_WHAT THIS TASK INVOLVES_
In the records below, begin at the line that has "consumers_in (name ∷ names) p" and stop after the line that has "bind-Idle (λ is_busy. consumers_in names c.queues"; quote those lines verbatim and nothing more.

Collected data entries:

Segment Open

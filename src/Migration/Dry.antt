-- ===== src/Migration/Dry.antt =====
-- What scripts/migrate_queue_type.py leaves alone with --dry-run, or while a queue has a consumer.
use flow_first.Base.{
  ℕ, ◌+◌, String, Bool, true, false, not, ◌&&◌, ◌||◌, Option, none, some, List, [], ◌∷◌, ◌++◌, ◌≡◌,
  ◌⊎◌, inl, inr, refl, sym, subst, ap, ◌∙◌, arith, if◌then◌else◌,
}
use flow_first.Base.Dict.{get}
use flow_first.Queues.{all_queues, queue_dead_letters}
use flow_first.Migration.{
  Kind, Queue, Queues, Broker, Ended, Script, give, ◌>>=◌, Declared, create, declare, counts,
  exists,
}
use flow_first.Migration.Script.{
  temp_of, fit, peek_present, peek, waiting_count, migrate_found, migrate_one, consumed, busy,
  migrate_all, unless_busy, main,
}
use flow_first.Migration.Hoare.{Runs, serve-Runs, bind-Runs}

abbrev Same : Queues → Queues → Type 0
Same p q = q ≡ p

transitive : (p q r : Queues) → Same p q → Same q r → Same p r
transitive p q r h h' = h' ∙ h

-- the queues are as they were, and the loops did not run out of fuel
abbrev Idle : {A : Type 0} → (A → Type 0) → Broker → Ended A × Broker → Type 0
Idle Post b r = Runs Same (λ a _. Post a) b r

abbrev Nothing : {A : Type 0} → A → Type 0
Nothing a = Unit {0}

bind-Idle :
    {A B : Type 0} (First : A → Type 0) (Post : B → Type 0) (m : Script A) (rest : A → Script B)
    (b : Broker)
    → Idle First b (m b)
    → ((a : A) (c : Broker) → Same b.queues c.queues → First a → Idle Post c (rest a c))
    → Idle Post b ((m >>= rest) b)
bind-Idle First Post m rest b first next =
    bind-Runs Same (λ p. refl) transitive (λ a _. First a) (λ a _. Post a) m rest b first next

give-Idle : {A : Type 0} (a : A) (b : Broker) → Idle Nothing b (give a b)
give-Idle a b = (refl, tt)

module _ (name : String) where
  exists-Idle : (b : Broker) → Idle (λ found. counts (get b.queues name) ≡ found) b (exists name b)
  unfolding exists
  exists-Idle b =
      serve-Runs Same (λ p. refl) transitive (λ found _. counts (get b.queues name) ≡ found) _ b
        refl (λ a q done. ground (arith, done.0))

  create-present :
      (target : Kind) (o : Option Queue) (n : ℕ × ℕ) (p : Queues)
      → counts o ≡ some n
      → create target name o p ≡ p
  create-present target none n p h = ground arith
  create-present target (some q) n p h = refl

  declare-Idle :
      (target : Kind) (n : ℕ × ℕ) (b : Broker)
      → counts (get b.queues name) ≡ some n
      → Idle Nothing b (declare name target b)
  unfolding declare
  declare-Idle target n b present =
      serve-Runs Same (λ p. refl) transitive (λ _ _. Unit {0}) _ b
        (create-present target (get b.queues name) n b.queues present) (λ a q done. tt)

  present-Idle :
      (target : Kind) (found : Option (ℕ × ℕ)) (c : Broker)
      → counts (get c.queues name) ≡ found
      → Idle Nothing c (peek_present name target found c)
  present-Idle target none c e = give-Idle (Declared.fits 0 0) c
  present-Idle target (some n) c e =
      bind-Idle Nothing Nothing (declare name target) (λ d. give (fit d)) c
        (declare-Idle target n c e) (λ d e rel h. give-Idle (fit d) e)

  peek-Idle : (target : Kind) (b : Broker) → Idle Nothing b (peek name target b)
  unfolding peek
  peek-Idle target b =
      bind-Idle (λ found. counts (get b.queues name) ≡ found) Nothing (exists name)
        (peek_present name target) b (exists-Idle b)
        (λ found c rel e. present-Idle target found c (ap (λ p. counts (get p name)) rel ∙ e))

  found-Idle :
      (fuel : ℕ) (target : Kind) (state : Declared) (left : Option (ℕ × ℕ)) (c : Broker)
      → Idle Nothing c (migrate_found fuel name target true state left c)
  found-Idle fuel target (Declared.fits messages consumers) none c = give-Idle {A = ℕ} 0 c
  found-Idle fuel target (Declared.fits messages consumers) (some n) c =
      bind-Idle (λ found. counts (get c.queues name) ≡ found) Nothing (exists name)
        (λ old. give (waiting_count old)) c (exists-Idle c)
        (λ old d rel e. give-Idle (waiting_count old) d)
  found-Idle fuel target Declared.mismatch left c =
      bind-Idle (λ found. counts (get c.queues name) ≡ found) Nothing (exists name)
        (λ old. give (waiting_count old)) c (exists-Idle c)
        (λ old d rel e. give-Idle (waiting_count old) d)

one-Idle :
    (fuel : ℕ) (name : String) (target : Kind) (b : Broker)
    → Idle Nothing b (migrate_one fuel name target true b)
unfolding migrate_one
one-Idle fuel name target b =
    bind-Idle Nothing Nothing (peek name target)
      (λ state. exists (temp_of name) >>= migrate_found fuel name target true state) b
      (peek-Idle name target b)
      (λ state c rel h.
        bind-Idle (λ found. counts (get c.queues (temp_of name)) ≡ found) Nothing
          (exists (temp_of name)) (migrate_found fuel name target true state) c
          (exists-Idle (temp_of name) c)
          (λ left d rel' e. found-Idle name fuel target state left d))

all-Idle :
    (fuel : ℕ) (names : List String) (target : Kind) (b : Broker)
    → Idle Nothing b (migrate_all fuel names target true b)
unfolding migrate_all
all-Idle fuel [] target b = give-Idle {A = ℕ} 0 b
all-Idle fuel (name ∷ names) target b =
    bind-Idle Nothing Nothing (migrate_one fuel name target true) _ b (one-Idle fuel name target b)
      (λ n c rel h.
        bind-Idle Nothing Nothing (migrate_all fuel names target true) _ c
          (all-Idle fuel names target c) (λ rest d rel' h'. give-Idle {A = ℕ} (n + rest) d))

-- whether some queue of the list has a consumer
abbrev pub consumers_in : List String → Queues → Bool
consumers_in [] p = false
consumers_in (name ∷ names) p = consumed (counts (get p name)) || consumers_in names p

busy-Idle :
    (names : List String) (b : Broker)
    → Idle (λ is_busy. consumers_in names b.queues ≡ is_busy) b (busy names b)
unfolding busy
busy-Idle [] b = (refl, refl)
busy-Idle (name ∷ names) b =
    bind-Idle (λ found. counts (get b.queues name) ≡ found)
      (λ is_busy. consumers_in (name ∷ names) b.queues ≡ is_busy) (exists name) _ b
      (exists-Idle name b)
      (λ found c rel e.
        bind-Idle (λ is_busy. consumers_in names c.queues ≡ is_busy)
          (λ is_busy. consumers_in (name ∷ names) b.queues ≡ is_busy) (busy names) _ c
          (busy-Idle names c)
          (λ rest d rel' h. (
            refl,
            ap (λ o. consumed o || consumers_in names b.queues) e
                ∙ ap (λ p. consumed found || consumers_in names p) (sym rel)
                ∙ ap (λ x. consumed found || x) h,
          )))

-- the status with which the script ends
abbrev pub status_of : Bool → Bool → ℕ
status_of is_busy force = if is_busy && not force then 1 else 0

-- nothing is to be changed
abbrev pub IsHarmless : Bool → Bool → Bool → Type 0
IsHarmless dry_run force is_busy = (dry_run ≡ true) ⊎ ((is_busy ≡ true) × (force ≡ false))

-- the status of the script
abbrev pub Reports : ℕ → ℕ × ℕ → Type 0
Reports status (s, total) = s ≡ status

module _ (fuel : ℕ) (names : List String) (target : Kind) (dry_run : Bool) where
  guarded-Idle :
      (refuses : Bool) (c : Broker)
      → (dry_run ≡ true) ⊎ (refuses ≡ true)
      → Idle (Reports (if refuses then 1 else 0)) c (
          (if refuses
              then give (1, 0)
              else migrate_all fuel names target dry_run >>= λ total. give (0, total))
            c)
  guarded-Idle true c h = (refl, refl)
  guarded-Idle false c (inr h) = ground arith
  guarded-Idle false c (inl dry) =
      bind-Idle Nothing (Reports 0) (migrate_all fuel names target dry_run)
        (λ total. give (0, total)) c
        (subst (λ d. Idle Nothing c (migrate_all fuel names target d c)) (sym dry)
          (all-Idle fuel names target c))
        (λ total d rel h. (refl, refl))

  refuses-harmless :
      (force is_busy : Bool)
      → IsHarmless dry_run force is_busy
      → (dry_run ≡ true) ⊎ ((is_busy && not force) ≡ true)
  refuses-harmless force is_busy (inl h) = inl h
  refuses-harmless force is_busy (inr (h, h')) = inr (rw (h, h') refl)

  names-Idle :
      (force : Bool) (b : Broker)
      → IsHarmless dry_run force (consumers_in names b.queues)
      → Idle
          (Reports (status_of (consumers_in names b.queues) force))
          b
          ((busy names >>= unless_busy fuel names target dry_run force) b)
  names-Idle force b harmless =
      bind-Idle (λ is_busy. consumers_in names b.queues ≡ is_busy)
        (Reports (status_of (consumers_in names b.queues) force)) (busy names)
        (unless_busy fuel names target dry_run force) b (busy-Idle names b)
        (λ is_busy c rel e.
          subst
            (λ x.
              Idle (Reports (status_of x force)) c
                (unless_busy fuel names target dry_run force is_busy c))
            (sym e)
            (guarded-Idle (is_busy && not force) c
              (refuses-harmless force is_busy (subst (IsHarmless dry_run force) e harmless))))

-- With --dry-run, and without --force as long as a pipeline queue or the dead-letter queue has a consumer,
-- the script changes no queue, whatever its requests are answered, and it always ends. If it ends with no
-- exception, its status is 1 if a queue had a consumer and --force was not given, and 0 otherwise.
pub main-Same :
    (fuel : ℕ) (target : Kind) (dry_run force : Bool) (b : Broker)
    → IsHarmless dry_run force (consumers_in (all_queues ++ queue_dead_letters ∷ []) b.queues)
    → Runs
        (λ p q. q ≡ p)
        (λ r _.
          r.0 ≡ status_of (consumers_in (all_queues ++ queue_dead_letters ∷ []) b.queues) force)
        b
        (main fuel target dry_run force b)
unfolding main
main-Same fuel target dry_run force b harmless =
    names-Idle fuel (all_queues ++ queue_dead_letters ∷ []) target dry_run force b harmless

Segment Closed

_OUTPUT_
consumers_in (name ∷ names) p = consumed (counts (get p name)) || consumers_in names p

busy-Idle :
    (names : List String) (b : Broker)
    → Idle (λ is_busy. consumers_in names b.queues ≡ is_busy) b (busy names b)
unfolding busy
busy-Idle [] b = (refl, refl)
busy-Idle (name ∷ names) b =
    bind-Idle (λ found. counts (get b.queues name) ≡ found)
      (λ is_busy. consumers_in (name ∷ names) b.queues ≡ is_busy) (exists name) _ b
      (exists-Idle name b)
      (λ found c rel e.
        bind-Idle (λ is_busy. consumers_in names c.queues ≡ is_busy)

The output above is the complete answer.